Inteligência artificial em tudo: A disrupção dos RH

Muitos esperam que os algoritmos ajudem os Recursos Humanos a evitar os seus próprios preconceitos, adicionando consistência e celeridade ao processo de contratação. Mas os algoritmos apresentam, eles próprios, novos riscos: podem replicar preconceitos institucionais e históricos, ampliando desvantagens ocultas na hora de contratar e despedir. Mas como contar com a Inteligência Artificial (IA) de uma forma isenta?

 

Por Pedro Antunes, sócio do departamento Laboral da CCA

 

A Amazon esteve recentemente no centro de uma polémica devido à utilização de uma ferramenta de selecção de candidatos que tinha um problema: a ferramenta foi criada baseando-se em padrões de CV enviados para a empresa nos últimos 10 anos, maioritariamente de homens, o que discriminava as candidaturas de mulheres. A Amazon ainda tentou adaptar a ferramenta para que os resultados não mostrassem distorções e discriminações, mas acabou por deixar de utilizá-la.

De facto, a IA e os algoritmos são cada vez mais utilizados no mundo laboral. A alegação de objectividade, tecnicidade ou cientificidade é frequentemente utilizada pelos defensores do “people analytics” para desacreditar as críticas. Embora seja verdade que a matemática envolvida é complexa, o principal a ter em conta não é a forma como o sistema funciona, mas sim como é programado.

Outro exemplo: recentemente, no âmbito de uma reestruturação em Portugal, uma companhia aérea recorreu ao apoio de uma consultora que está a usar um algoritmo para identificar os trabalhadores elegíveis para rescisão, com base num conjunto de critérios, entre eles a onerosidade, o absentismo e a senioridade dos colaboradores. O problema é que, segundo o que foi denunciado por alguns colaboradores e pelo sindicato, a “máquina” está a referenciar colaboradores que estiveram ausentes, mas com falta justificada. Por exemplo, foram chamados colaboradores com faltas por acidentes de trabalho ou falecimento de familiares, o que surpreendeu a própria equipa de Recursos Humanos. Os advogados de alguns trabalhadores e o Sindicato acusam a companhia de deixar nas mãos da tecnologia aquilo que carece de verificação e ética humana.

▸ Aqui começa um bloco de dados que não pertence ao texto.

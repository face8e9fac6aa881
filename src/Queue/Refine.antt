-- ===== src/Queue/Refine.antt =====
-- What the operations of `queue`, include/queue.h, do to the sequence of its items, for every arena
-- that keeps the laws of `NodeArena`.
use lock_free.Common.{
  ℕ, suc, ◌≡◌, refl, ◌≢◌, ◌⊎◌, inl, inr, true, false, List, [], ◌∷◌, ◌++◌, arith, ◌==◌, ne→==,
  if◌then◌else◌, length, update, ◌∙◌, ap, sym, subst,
}
use lock_free.Types.{Result, failure, success, empty, DsImpl}
use lock_free.Command.{pure, ◌>>=◌, Returns, returns, bind, mono}
use lock_free.MemoryAddress.{null}
use lock_free.NodeArena.{NodeArena, Valid-live, SameNodes}
use lock_free.NodeArena.Chain.{
  Cells, values, live_of, values-snoc, length-values, last_ptr, nil, frame, Chain-null, Chain-cons,
}
use lock_free.Queue.Ops.{
  Queue, in_arena, lock, unlock, create_node, destroy_node, link, push_imp_default, unlink,
  pop_imp_default, size_imp, empty_imp, clear, put,
}
use lock_free.Queue.Locks.{lift, take_lock}
use lock_free.Queue.Contents.{IsQueue, Holds, link_lem, release}

module _ {V : Type 0} (arena : NodeArena V) where
  open arena use {State, node, Valid, Ready}

  -- What `push` does: there is no node and the queue is as it was, or the item is the last.
  abbrev pub Enqueued : V → List V → Result → Queue State → Type 0
  Enqueued v vs code q' =
      ((code ≡ failure) × Holds arena q' vs) ⊎ ((code ≡ success) × Holds arena q' (vs ++ (v ∷ [])))

  -- `push` after the node is asked for.
  push_rest :
      (imp : DsImpl) (q : Queue State) (xs : Cells V) (v : V) (a : ℕ) (s : State)
      → IsQueue arena false q xs
      → ((a ≡ null) × Valid s (live_of xs) (length xs) × SameNodes node (live_of xs) q.nodes s)
        ⊎ ((a ≢ null)
            × (live_of xs a ≡ false)
            × Valid s (update (live_of xs) a true) (suc (length xs))
            × (node s a ≡ record { value = v; next = null })
            × SameNodes node (live_of xs) q.nodes s)
      → Returns (Enqueued v (values xs)) (
          ((if a == null then pure failure else (link arena a >>= λ _. pure success)) >>= λ code.
          (unlock imp >>= λ _. pure code))
            (record q { mtx = true; nodes = s }))
  push_rest imp q xs v a s i (inl (e, val, same)) = rw e (
      mono
        (release arena imp failure (record q { mtx = true; nodes = s }) xs
          (record { mutex = refl; valid = val; chain = frame i.chain same; last = i.last }))
        (λ c q' (ec, i'). returns (inl (ec, (xs, i', refl)))))
  push_rest imp q xs v a s i (inr (ne, out, val, at_a, same)) = rw (ne→== a null ne) (
      bind {P = λ c q'. (c ≡ success) × IsQueue arena true q' (xs ++ ((a, v) ∷ []))} _
        (link arena a >>= λ _. pure success) (record q { mtx = true; nodes = s })
        (bind _ (link arena a) (record q { mtx = true; nodes = s })
          (link_lem arena (record q { mtx = true; nodes = s }) xs a v refl val (frame i.chain same)
            i.last ne out at_a)
          (λ _ q' i'. returns (refl, i')))
        (λ c q' (ec, i').
          mono (release arena imp c q' (xs ++ ((a, v) ∷ [])) i') (λ c' q'' (ec', i'').
            returns (inr (ec' ∙ ec, (xs ++ ((a, v) ∷ []), i'', values-snoc xs a v))))))

  -- Over any arena of nodes that keeps the laws of `NodeArena`: on an unlocked queue that holds
  -- the sequence `vs`, and with an arena that is ready to hand out memory, the default `push`
  -- returns, and the queue is unlocked again; either the code is failure and the queue still holds
  -- `vs`, or it is success and the queue holds `vs` with the item behind it.
  pub push_imp_default-Enqueued :
      (imp : DsImpl) (q : Queue State) (vs : List V) (v : V)
      → Holds arena q vs
      → Ready q.nodes
      → Returns (Enqueued v vs) (push_imp_default arena imp v q)
  unfolding push_imp_default create_node
  push_imp_default-Enqueued imp q vs v (xs, i, e) ready =
      let q1 = record q { mtx = true } in
      bind _ (lock imp) q (take_lock imp q i.mutex) (λ _ q' at'. rw at' (
        bind _ (create_node arena v) q1
          (lift (arena.allocate v) q1
            (arena.allocate_law v q.nodes (live_of xs) (length xs) i.valid ready))
          (λ a q2 (s, h, at). rw (at, sym e) (push_rest imp q xs v a s i h))))

  -- What `pop` does: the queue is empty and `data` is as it was, or it gets the first item.
  abbrev pub Dequeued : V → List V → Result × V → Queue State → Type 0
  Dequeued v [] r q' = (r ≡ (empty, v)) × Holds arena q' []
  Dequeued v (x ∷ vs) r q' = (r ≡ (success, x)) × Holds arena q' vs

  -- The rest of the list after the first node.
  pub rest-IsQueue :
      (p : ℕ) (v : V) (xs : Cells V) (q : Queue State) (s : State)
      → IsQueue arena false q ((p, v) ∷ xs)
      → Valid s (update (live_of ((p, v) ∷ xs)) p false) (length xs)
      → SameNodes node (update (live_of ((p, v) ∷ xs)) p false) q.nodes s
      → (t : ℕ) → t ≡ last_ptr xs
      → IsQueue arena true
          (record { nodes = s; head = (node q.nodes p).next; tail = t; mtx = true })
          xs
  rest-IsQueue p v xs q s i val same t e =
      let (_, _, _, out, rest) = Chain-cons i.chain in
      record {
        mutex = refl;
        valid = Valid-live arena (λ b. ground (arith, out)) val;
        chain = frame rest (λ a l. same a (ground (arith, l, out)));
        last = e;
      }

  -- What `unlink` makes of the tail.
  unlink_rest :
      (p : ℕ) (v : V) (xs : Cells V) (q : Queue State) (s : State) (code : Result)
      → IsQueue arena false q ((p, v) ∷ xs)
      → code ≡ success
      → Valid s (update (live_of ((p, v) ∷ xs)) p false) (length xs)
      → SameNodes node (update (live_of ((p, v) ∷ xs)) p false) q.nodes s
      → Returns {B = Result × V}
          (λ r q'. (r ≡ (success, v)) × IsQueue arena true q' xs)
          (((if (node q.nodes p).next == null
                then put
                    (record { nodes = s; head = (node q.nodes p).next; tail = null; mtx = true })
                else pure tt)
              >>= λ _. pure (code, (node q.nodes p).value))
            (record { nodes = s; head = (node q.nodes p).next; tail = q.tail; mtx = true }))
  unlink_rest p v [] q s code i ok val same =
      let (_, _, at_v, _, rest) = Chain-cons i.chain in
      let h = Chain-null rest in
      let t = rest-IsQueue p v [] q s i val same null refl in
      let answer : ((code, (node q.nodes p).value) ≡ (success, v)) = rw (ok, at_v) refl in
      rw h (
        returns (
          answer,
          subst
              (λ n. IsQueue arena true (record { nodes = s; head = n; tail = null; mtx = true }) [])
              h t,
        ))
  unlink_rest p v ((p', v') ∷ xs) q s code i ok val same =
      let (_, _, at_v, _, rest) = Chain-cons i.chain in
      let (h, h_ne, _, _, _) = Chain-cons rest in
      let t = rest-IsQueue p v ((p', v') ∷ xs) q s i val same q.tail i.last in
      let answer : ((code, (node q.nodes p).value) ≡ (success, v)) = rw (ok, at_v) refl in
      rw (ne→== (node q.nodes p).next null (λ z. h_ne (sym h ∙ z))) (returns (answer, t))

  unlink_lem :
      (p : ℕ) (v : V) (xs : Cells V) (q : Queue State)
      → IsQueue arena false q ((p, v) ∷ xs)
      → Returns {B = Result × V}
          (λ r q'. (r ≡ (success, v)) × IsQueue arena true q' xs)
          (unlink arena (record q { mtx = true }))
  unfolding unlink destroy_node
  unlink_lem p v xs q i =
      let (h, _, _, _, _) = Chain-cons i.chain in
      let q1 = record q { mtx = true; head = (node q.nodes p).next } in
      rw h (
        bind _ (in_arena (arena.deallocate p)) q1
          (lift (arena.deallocate p) q1 (
            arena.deallocate_law p q.nodes (live_of ((p, v) ∷ xs)) (length xs) i.valid
              (ground arith)))
          (λ code q2 (s, (ok, val, same), at). rw at (unlink_rest p v xs q s code i ok val same)))

  pop_rest :
      (imp : DsImpl) (q : Queue State) (xs : Cells V) (v : V)
      → IsQueue arena false q xs
      → Returns (Dequeued v (values xs)) (
          ((if q.head == null then pure (empty, v) else unlink arena) >>= λ ret.
          (unlock imp >>= λ _. pure ret))
            (record q { mtx = true }))
  pop_rest imp q [] v i =
      let q1 = record q { mtx = true } in
      let i1 : IsQueue arena true q1 [] = record {
        mutex = refl;
        valid = i.valid;
        chain = i.chain;
        last = i.last;
      } in
      let test : ((q.head == null) ≡ true) = rw (Chain-null i.chain) refl in
      rw test
        (mono (release arena imp (empty, v) q1 [] i1) (λ r q' (e, i'). returns (e, ([], i', refl))))
  pop_rest imp q ((p, u) ∷ xs) v i =
      let (h, p_ne, _, _, _) = Chain-cons i.chain in
      rw (ne→== q.head null (λ z. p_ne (sym h ∙ z))) (
        bind _ (unlink arena) (record q { mtx = true }) (unlink_lem p u xs q i)
          (λ r q' (e, i').
            mono (release arena imp r q' xs i')
              (λ r' q'' (e', i''). returns (e' ∙ e, (xs, i'', refl)))))

  -- Over any arena of nodes that keeps the laws of `NodeArena`: on an unlocked queue that holds
  -- `vs`, the default `pop` returns, and the queue is unlocked again; if `vs` is empty, the code
  -- is empty, `data` is as it was and the queue holds nothing, and otherwise the code is success,
  -- `data` is the first item and the queue holds the rest.
  pub pop_imp_default-Dequeued :
      (imp : DsImpl) (q : Queue State) (vs : List V) (v : V)
      → Holds arena q vs
      → Returns (Dequeued v vs) (pop_imp_default arena imp v q)
  unfolding pop_imp_default
  pop_imp_default-Dequeued imp q vs v (xs, i, e) =
      bind _ (lock imp) q (take_lock imp q i.mutex)
        (λ _ q' at. rw (at, sym e) (pop_rest imp q xs v i))

  -- Over any arena of nodes that keeps the laws of `NodeArena`: on an unlocked queue that holds
  -- `vs`, `size` returns the length of `vs`, and the queue is unlocked and holds `vs` afterwards.
  pub size_imp-Holds :
      (imp : DsImpl) (q : Queue State) (vs : List V)
      → Holds arena q vs
      → Returns (λ n q'. (n ≡ length vs) × Holds arena q' vs) (size_imp arena imp q)
  unfolding size_imp
  size_imp-Holds imp q vs (xs, i, e) =
      let q1 = record q { mtx = true } in
      bind _ (lock imp) q (take_lock imp q i.mutex) (λ _ q' at'. rw at' (
        bind _ (in_arena arena.length) q1
          (lift arena.length q1 (arena.length_law q.nodes (live_of xs) (length xs) i.valid))
          (λ n q2 (s, (count, val, same), at). rw at (
            mono
              (release arena imp n (record q1 { nodes = s }) xs
                (record { mutex = refl; valid = val; chain = frame i.chain same; last = i.last }))
              (λ n' q3 (e', i').
                returns (e' ∙ count ∙ sym (length-values xs) ∙ ap length e, (xs, i', e)))))))

  -- `empty` on a queue that is not locked says whether there are no items.
  pub empty_imp-Holds :
      (imp : DsImpl) (q : Queue State) (vs : List V)
      → Holds arena q vs
      → Returns (λ b q'. (b ≡ (length vs == 0)) × Holds arena q' vs) (empty_imp arena imp q)
  unfolding empty_imp
  empty_imp-Holds imp q vs h =
      bind _ (size_imp arena imp) q (size_imp-Holds imp q vs h)
        (λ n q' (e, h'). returns (ap (λ k. k == 0) e, h'))

  -- Over any arena of nodes that keeps the laws of `NodeArena`: on an unlocked queue, `clear`
  -- returns and leaves an unlocked queue that holds nothing.
  pub clear-Holds :
      (q : Queue State) (vs : List V)
      → Holds arena q vs
      → Returns (λ _ q'. Holds arena q' []) (clear arena q)
  unfolding clear
  clear-Holds q vs (xs, i, e) =
      let q1 = record q { tail = null; head = null } in
      mono (lift arena.clear q1 (arena.clear_law q.nodes (live_of xs) (length xs) i.valid))
        (λ _ q2 (s, val, at).
          rw at
            (returns ([], record { mutex = i.mutex; valid = val; chain = nil; last = refl }, refl)))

O caso vem a público precisamente numa altura em que o Governo debate com os parceiros sociais (através do Livro Verde para o Futuro do Trabalho) a regulamentação do uso de algoritmos em contexto laboral e numa altura em que a própria Comissão Europeia apresentou uma proposta de regulamentação da IA neste tipo de situações.

Concordo que a utilização de IA tem de ser pensada e regulamentada, até porque muitos são os bons exemplos da sua aplicação que está longe de se resumir à gestão de tarefas. Aliás, muitas são as soluções de automação que já são frequentemente utilizadas pelos departamentos de Recursos Humanos, não só no recrutamento, mas também nas avaliações de desempenho, nos planos de progressão, nas formações e nas rescisões. Sendo certo que no RGPD (Regulamento Geral sobre a Protecção de Dados) já se prevê que qualquer trabalhador pode recusar a ficar sujeito a uma decisão baseada apenas no tratamento de dados, o desafio do Governo será regular o seu uso de forma clara para todos, e, de preferência, no âmbito da alteração ao próprio Código do Trabalho, dado que não faz sentido pensar-se que seja através de legislação avulsa. Há que criar normas e não ter medo de mudar o Código do Trabalho, que já se encontra desactualizado da nossa realidade.

Um passo que já começou a ser dado pela Comissão Europeia na sua proposta de regulamentação de IA, impondo que as empresas cumpram regras onde garantam a qualidade e fiabilidade dos dados, com registos de actividade e rastreabilidade dos resultados, para evitar discriminações. Ou seja, não depender somente da máquina e assegurar sempre um controlo e supervisão humana de forma a haver uma total transparência e equidade.

Devido à sua complexidade, uma estratégia de transparência adequada precisa de ser planeada e projectada com diferentes soluções feitas à medida, tendo em conta diversos contextos. O caminho, contudo, será, para já, o de legislar no sentido de limitar a actuação destas ferramentas de IA, colocando-a no papel de ajudante e não no papel de decisor unilateral.